— ABOUT THIS TASK —
How many of the lines below hold the string "metrics"? Say only the number.

***** MATERIAL SHOWN

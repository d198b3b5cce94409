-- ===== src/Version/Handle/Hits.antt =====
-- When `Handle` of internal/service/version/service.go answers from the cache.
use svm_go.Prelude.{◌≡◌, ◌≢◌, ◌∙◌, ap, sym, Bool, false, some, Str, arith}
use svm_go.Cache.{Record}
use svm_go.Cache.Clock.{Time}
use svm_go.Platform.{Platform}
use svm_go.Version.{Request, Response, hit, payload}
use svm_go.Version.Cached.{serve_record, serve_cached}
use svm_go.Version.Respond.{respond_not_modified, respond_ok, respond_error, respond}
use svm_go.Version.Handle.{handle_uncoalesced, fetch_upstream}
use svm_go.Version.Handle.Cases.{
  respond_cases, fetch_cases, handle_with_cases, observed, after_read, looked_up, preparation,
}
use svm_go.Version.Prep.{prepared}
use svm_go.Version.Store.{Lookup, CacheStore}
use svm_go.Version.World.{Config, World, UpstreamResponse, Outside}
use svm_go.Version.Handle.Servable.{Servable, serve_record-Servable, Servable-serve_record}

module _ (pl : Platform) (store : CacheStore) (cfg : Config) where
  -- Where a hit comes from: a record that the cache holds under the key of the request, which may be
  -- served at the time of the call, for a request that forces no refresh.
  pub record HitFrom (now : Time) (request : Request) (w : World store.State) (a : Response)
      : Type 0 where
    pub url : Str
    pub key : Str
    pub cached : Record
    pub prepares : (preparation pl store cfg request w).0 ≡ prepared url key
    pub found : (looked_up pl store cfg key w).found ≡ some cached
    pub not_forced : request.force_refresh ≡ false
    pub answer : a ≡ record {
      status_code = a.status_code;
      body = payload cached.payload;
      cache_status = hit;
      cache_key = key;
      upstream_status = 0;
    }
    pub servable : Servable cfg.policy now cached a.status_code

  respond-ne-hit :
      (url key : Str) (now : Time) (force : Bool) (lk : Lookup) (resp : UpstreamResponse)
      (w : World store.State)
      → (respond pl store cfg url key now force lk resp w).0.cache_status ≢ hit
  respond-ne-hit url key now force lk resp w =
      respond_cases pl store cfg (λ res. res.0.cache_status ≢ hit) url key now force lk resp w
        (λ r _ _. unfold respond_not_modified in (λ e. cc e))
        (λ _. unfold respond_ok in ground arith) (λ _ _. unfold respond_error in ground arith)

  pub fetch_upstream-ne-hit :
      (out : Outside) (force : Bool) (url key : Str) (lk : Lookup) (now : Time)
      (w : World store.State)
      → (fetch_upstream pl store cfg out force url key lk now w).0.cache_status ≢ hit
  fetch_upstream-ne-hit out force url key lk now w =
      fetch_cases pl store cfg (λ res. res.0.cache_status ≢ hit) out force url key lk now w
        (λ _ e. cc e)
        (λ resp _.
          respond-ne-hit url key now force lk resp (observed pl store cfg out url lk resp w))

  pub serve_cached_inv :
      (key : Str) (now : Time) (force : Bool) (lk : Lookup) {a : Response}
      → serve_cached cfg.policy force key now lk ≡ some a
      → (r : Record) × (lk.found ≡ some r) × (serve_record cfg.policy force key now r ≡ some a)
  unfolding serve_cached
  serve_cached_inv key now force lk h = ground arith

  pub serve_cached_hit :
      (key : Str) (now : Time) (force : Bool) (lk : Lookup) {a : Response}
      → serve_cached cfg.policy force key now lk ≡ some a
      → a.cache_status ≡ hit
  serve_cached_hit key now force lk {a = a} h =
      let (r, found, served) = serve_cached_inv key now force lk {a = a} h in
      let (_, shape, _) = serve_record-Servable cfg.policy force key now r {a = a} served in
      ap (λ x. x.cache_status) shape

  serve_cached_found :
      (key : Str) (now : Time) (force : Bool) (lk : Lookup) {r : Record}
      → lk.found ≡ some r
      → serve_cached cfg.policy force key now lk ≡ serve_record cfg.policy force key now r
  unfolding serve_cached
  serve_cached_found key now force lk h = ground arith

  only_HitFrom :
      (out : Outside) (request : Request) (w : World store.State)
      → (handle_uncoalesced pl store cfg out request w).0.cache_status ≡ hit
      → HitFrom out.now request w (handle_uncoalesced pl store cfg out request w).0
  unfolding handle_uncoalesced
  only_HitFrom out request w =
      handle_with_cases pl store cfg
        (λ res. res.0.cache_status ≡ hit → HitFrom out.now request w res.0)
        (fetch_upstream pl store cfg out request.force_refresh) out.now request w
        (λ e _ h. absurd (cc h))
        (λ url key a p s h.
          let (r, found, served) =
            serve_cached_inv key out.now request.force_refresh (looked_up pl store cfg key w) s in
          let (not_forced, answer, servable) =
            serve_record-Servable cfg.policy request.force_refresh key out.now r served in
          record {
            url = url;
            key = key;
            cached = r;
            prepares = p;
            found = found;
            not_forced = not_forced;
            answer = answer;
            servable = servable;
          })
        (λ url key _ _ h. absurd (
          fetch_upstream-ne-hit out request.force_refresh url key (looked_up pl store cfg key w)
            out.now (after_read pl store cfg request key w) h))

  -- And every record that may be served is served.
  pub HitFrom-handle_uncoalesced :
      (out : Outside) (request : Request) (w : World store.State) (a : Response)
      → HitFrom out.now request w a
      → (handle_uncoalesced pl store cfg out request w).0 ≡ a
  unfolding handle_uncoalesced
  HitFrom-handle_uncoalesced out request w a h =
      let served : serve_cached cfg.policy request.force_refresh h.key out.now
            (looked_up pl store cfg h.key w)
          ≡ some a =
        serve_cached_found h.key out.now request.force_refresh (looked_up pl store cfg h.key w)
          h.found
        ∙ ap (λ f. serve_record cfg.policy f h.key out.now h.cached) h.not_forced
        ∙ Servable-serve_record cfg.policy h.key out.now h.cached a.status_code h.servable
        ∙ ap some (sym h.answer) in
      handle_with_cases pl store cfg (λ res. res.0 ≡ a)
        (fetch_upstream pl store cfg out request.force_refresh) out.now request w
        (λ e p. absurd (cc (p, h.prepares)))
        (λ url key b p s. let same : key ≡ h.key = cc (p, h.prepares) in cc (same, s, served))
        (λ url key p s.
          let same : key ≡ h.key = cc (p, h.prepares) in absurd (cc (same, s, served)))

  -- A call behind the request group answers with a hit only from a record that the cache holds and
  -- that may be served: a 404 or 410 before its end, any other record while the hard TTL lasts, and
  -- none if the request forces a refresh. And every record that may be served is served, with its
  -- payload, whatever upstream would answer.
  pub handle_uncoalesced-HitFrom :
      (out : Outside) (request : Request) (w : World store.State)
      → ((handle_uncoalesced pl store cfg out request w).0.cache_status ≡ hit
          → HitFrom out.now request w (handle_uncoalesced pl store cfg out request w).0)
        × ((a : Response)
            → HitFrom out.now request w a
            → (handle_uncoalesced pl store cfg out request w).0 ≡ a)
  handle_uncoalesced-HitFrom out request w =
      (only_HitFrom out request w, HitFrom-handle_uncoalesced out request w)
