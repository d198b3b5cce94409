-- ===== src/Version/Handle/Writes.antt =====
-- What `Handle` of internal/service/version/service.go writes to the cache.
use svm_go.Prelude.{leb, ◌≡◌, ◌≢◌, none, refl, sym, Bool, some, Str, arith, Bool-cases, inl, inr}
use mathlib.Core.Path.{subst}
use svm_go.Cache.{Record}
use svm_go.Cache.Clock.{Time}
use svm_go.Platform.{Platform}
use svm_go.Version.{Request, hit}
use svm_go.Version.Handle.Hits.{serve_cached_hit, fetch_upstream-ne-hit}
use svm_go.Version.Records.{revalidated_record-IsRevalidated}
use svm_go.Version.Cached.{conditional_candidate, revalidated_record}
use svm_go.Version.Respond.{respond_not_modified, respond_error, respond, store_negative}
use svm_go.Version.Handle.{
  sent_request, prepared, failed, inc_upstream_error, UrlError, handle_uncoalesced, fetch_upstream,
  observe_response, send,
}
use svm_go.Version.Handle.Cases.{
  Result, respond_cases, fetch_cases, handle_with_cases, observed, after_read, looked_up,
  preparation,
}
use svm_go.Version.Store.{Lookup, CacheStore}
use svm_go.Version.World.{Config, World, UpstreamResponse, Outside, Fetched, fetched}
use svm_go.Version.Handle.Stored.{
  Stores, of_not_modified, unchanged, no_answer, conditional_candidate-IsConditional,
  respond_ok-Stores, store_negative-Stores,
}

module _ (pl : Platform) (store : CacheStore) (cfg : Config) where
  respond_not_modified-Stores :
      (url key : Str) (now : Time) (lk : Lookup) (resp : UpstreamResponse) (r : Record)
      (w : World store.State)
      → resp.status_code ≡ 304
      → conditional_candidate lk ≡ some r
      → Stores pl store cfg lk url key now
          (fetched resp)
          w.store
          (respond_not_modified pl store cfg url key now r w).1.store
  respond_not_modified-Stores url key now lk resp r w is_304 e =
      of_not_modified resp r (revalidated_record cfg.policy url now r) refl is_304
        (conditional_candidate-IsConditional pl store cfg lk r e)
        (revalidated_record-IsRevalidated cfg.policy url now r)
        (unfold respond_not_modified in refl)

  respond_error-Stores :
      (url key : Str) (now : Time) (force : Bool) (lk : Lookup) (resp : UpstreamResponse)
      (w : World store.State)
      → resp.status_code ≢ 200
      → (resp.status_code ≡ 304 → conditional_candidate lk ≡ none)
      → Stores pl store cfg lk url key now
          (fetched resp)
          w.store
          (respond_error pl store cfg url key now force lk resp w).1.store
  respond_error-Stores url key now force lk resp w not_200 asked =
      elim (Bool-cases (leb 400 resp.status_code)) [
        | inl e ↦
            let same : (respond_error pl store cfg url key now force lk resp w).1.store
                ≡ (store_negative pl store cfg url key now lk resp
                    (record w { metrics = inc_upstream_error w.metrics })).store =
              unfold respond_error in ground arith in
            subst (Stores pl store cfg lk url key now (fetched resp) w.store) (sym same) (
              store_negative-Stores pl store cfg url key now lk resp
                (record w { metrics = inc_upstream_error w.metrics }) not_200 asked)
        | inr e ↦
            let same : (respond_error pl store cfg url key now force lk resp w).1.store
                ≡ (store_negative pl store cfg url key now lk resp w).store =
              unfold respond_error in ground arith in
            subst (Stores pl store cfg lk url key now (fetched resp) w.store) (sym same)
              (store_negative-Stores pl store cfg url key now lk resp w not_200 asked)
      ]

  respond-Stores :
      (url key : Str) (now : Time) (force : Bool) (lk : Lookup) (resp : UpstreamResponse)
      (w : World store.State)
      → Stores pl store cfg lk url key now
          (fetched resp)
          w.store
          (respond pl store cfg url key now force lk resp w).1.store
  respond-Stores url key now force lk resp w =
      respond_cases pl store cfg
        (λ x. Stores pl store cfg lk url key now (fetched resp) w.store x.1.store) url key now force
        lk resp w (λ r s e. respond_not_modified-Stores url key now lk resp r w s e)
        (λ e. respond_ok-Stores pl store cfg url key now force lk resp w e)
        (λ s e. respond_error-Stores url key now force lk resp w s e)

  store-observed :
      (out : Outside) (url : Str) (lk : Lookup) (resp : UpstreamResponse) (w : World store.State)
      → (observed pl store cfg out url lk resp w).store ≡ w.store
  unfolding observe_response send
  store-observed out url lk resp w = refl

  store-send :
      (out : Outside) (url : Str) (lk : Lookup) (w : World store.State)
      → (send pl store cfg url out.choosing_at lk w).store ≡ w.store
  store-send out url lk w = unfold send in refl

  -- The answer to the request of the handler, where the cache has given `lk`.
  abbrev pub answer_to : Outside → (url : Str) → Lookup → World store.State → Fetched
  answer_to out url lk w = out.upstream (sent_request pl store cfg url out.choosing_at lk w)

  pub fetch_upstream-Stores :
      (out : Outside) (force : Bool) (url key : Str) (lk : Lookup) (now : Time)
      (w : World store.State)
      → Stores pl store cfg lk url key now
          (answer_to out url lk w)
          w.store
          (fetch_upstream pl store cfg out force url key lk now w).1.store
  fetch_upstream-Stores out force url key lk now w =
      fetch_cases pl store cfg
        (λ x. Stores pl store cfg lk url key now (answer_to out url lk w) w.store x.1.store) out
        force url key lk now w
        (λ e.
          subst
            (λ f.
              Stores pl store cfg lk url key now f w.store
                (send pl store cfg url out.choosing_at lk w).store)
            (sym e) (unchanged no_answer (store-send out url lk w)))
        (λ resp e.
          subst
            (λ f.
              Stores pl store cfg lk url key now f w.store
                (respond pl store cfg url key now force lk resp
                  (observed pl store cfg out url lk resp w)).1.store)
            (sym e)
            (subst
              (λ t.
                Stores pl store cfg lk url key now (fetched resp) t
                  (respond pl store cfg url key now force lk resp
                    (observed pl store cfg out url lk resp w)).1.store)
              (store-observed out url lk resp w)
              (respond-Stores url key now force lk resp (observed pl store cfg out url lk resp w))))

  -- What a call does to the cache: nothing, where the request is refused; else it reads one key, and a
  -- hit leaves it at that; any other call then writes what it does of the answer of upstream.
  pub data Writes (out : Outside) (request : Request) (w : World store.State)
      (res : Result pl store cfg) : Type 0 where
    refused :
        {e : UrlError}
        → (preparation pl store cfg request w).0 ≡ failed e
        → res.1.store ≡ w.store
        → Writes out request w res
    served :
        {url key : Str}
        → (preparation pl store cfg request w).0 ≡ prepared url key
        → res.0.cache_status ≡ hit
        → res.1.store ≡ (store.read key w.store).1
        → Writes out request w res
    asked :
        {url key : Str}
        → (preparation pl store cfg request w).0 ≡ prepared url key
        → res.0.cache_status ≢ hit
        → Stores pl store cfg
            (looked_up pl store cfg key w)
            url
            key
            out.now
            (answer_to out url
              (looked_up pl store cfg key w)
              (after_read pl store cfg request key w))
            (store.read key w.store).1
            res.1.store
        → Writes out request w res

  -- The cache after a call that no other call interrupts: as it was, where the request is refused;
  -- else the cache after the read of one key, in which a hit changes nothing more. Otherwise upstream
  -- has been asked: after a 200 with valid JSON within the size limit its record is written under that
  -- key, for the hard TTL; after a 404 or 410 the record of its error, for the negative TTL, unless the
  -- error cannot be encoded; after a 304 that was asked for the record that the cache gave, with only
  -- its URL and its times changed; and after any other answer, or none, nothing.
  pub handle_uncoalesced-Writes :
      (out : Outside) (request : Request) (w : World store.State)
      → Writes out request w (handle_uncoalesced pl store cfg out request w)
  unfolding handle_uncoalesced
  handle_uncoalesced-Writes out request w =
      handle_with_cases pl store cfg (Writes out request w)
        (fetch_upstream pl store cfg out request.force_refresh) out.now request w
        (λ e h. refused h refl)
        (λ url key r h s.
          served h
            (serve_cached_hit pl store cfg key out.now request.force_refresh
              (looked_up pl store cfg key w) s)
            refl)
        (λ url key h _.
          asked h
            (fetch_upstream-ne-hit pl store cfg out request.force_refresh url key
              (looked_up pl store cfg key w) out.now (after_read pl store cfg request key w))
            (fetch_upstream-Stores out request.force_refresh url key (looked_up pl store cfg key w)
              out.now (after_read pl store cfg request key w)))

**********

— PROBLEM SOLUTION —
2